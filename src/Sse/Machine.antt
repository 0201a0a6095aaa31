-- ===== src/Sse/Machine.antt =====
-- The reference for the parser of src/sse/parser.rs: a byte-at-a-time machine that holds the lines
-- of the frame being read and the line being read, and emits the raw bytes of each frame.
use anthroxy.Prelude.{
  ℕ, ◌==◌, ◌≡◌, refl, true, false, List, [], ◌∷◌, ◌++◌, if◌then◌else◌, is_empty, Text, append_assoc,
}
use anthroxy.Sse.{newline, strip_cr}

pub record Machine : Type 0 where
  -- Whole lines of the frame, with their newlines.
  pub lines : Text
  -- The line being read, with no newline.
  pub line : Text

abbrev pub start : Machine
start = record { lines = []; line = [] }

-- One byte: the frame that it ends, if any, and the machine after it.
unfoldable pub step : Machine → ℕ → List Text × Machine
step m b =
    if b == newline
    then (if is_empty (strip_cr m.line)
        then (m.lines ∷ [], start)
        else ([], record { lines = m.lines ++ (m.line ++ newline ∷ []); line = [] }))
    else ([], record m { line = m.line ++ b ∷ [] })

-- The raw frames that a text ends, and the machine after it.
unfoldable pub run : Machine → Text → List Text × Machine
run m [] = ([], m)
run m (b ∷ t) = let (frames, m') = step m b in let (more, m'') = run m' t in (frames ++ more, m'')

-- Running over two texts is running over their concatenation.
pub run-append :
    (m : Machine) (s t : Text)
    → run m (s ++ t) ≡ ((run m s).0 ++ (run (run m s).1 t).0, (run (run m s).1 t).1)
unfolding run
run-append m [] t = refl
run-append m (b ∷ s) t = rw (run-append (step m b).1 s t, append_assoc)

module _ (m : Machine) (b : ℕ) where
  pub step-byte : (b == newline) ≡ false → step m b ≡ ([], record m { line = m.line ++ b ∷ [] })
  unfolding step
  step-byte h = rw h

  pub step-line :
      (b == newline) ≡ true
      → is_empty (strip_cr m.line) ≡ false
      → step m b ≡ ([], record { lines = m.lines ++ (m.line ++ newline ∷ []); line = [] })
  unfolding step
  step-line h k = rw (h, k)

  pub step-blank :
      (b == newline) ≡ true → is_empty (strip_cr m.line) ≡ true → step m b ≡ (m.lines ∷ [], start)
  unfolding step
  step-blank h k = rw (h, k)

  -- A byte that ends no frame.
  pub run-quiet : (m' : Machine) (t : Text) → step m b ≡ ([], m') → run m (b ∷ t) ≡ run m' t
  unfolding run
  run-quiet m' t h = rw h

  pub run-frame :
      (t raw : Text)
      → step m b ≡ (raw ∷ [], start)
      → run m (b ∷ t) ≡ (raw ∷ (run start t).0, (run start t).1)
  unfolding run
  run-frame t raw h = rw h

pub run-nil : (m : Machine) → run m [] ≡ ([], m)
unfolding run
run-nil m = refl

= ACTIVITY =
Tally the lines above with "start", please; number only.

= SOLUTION TO THIS EXERCISE =
6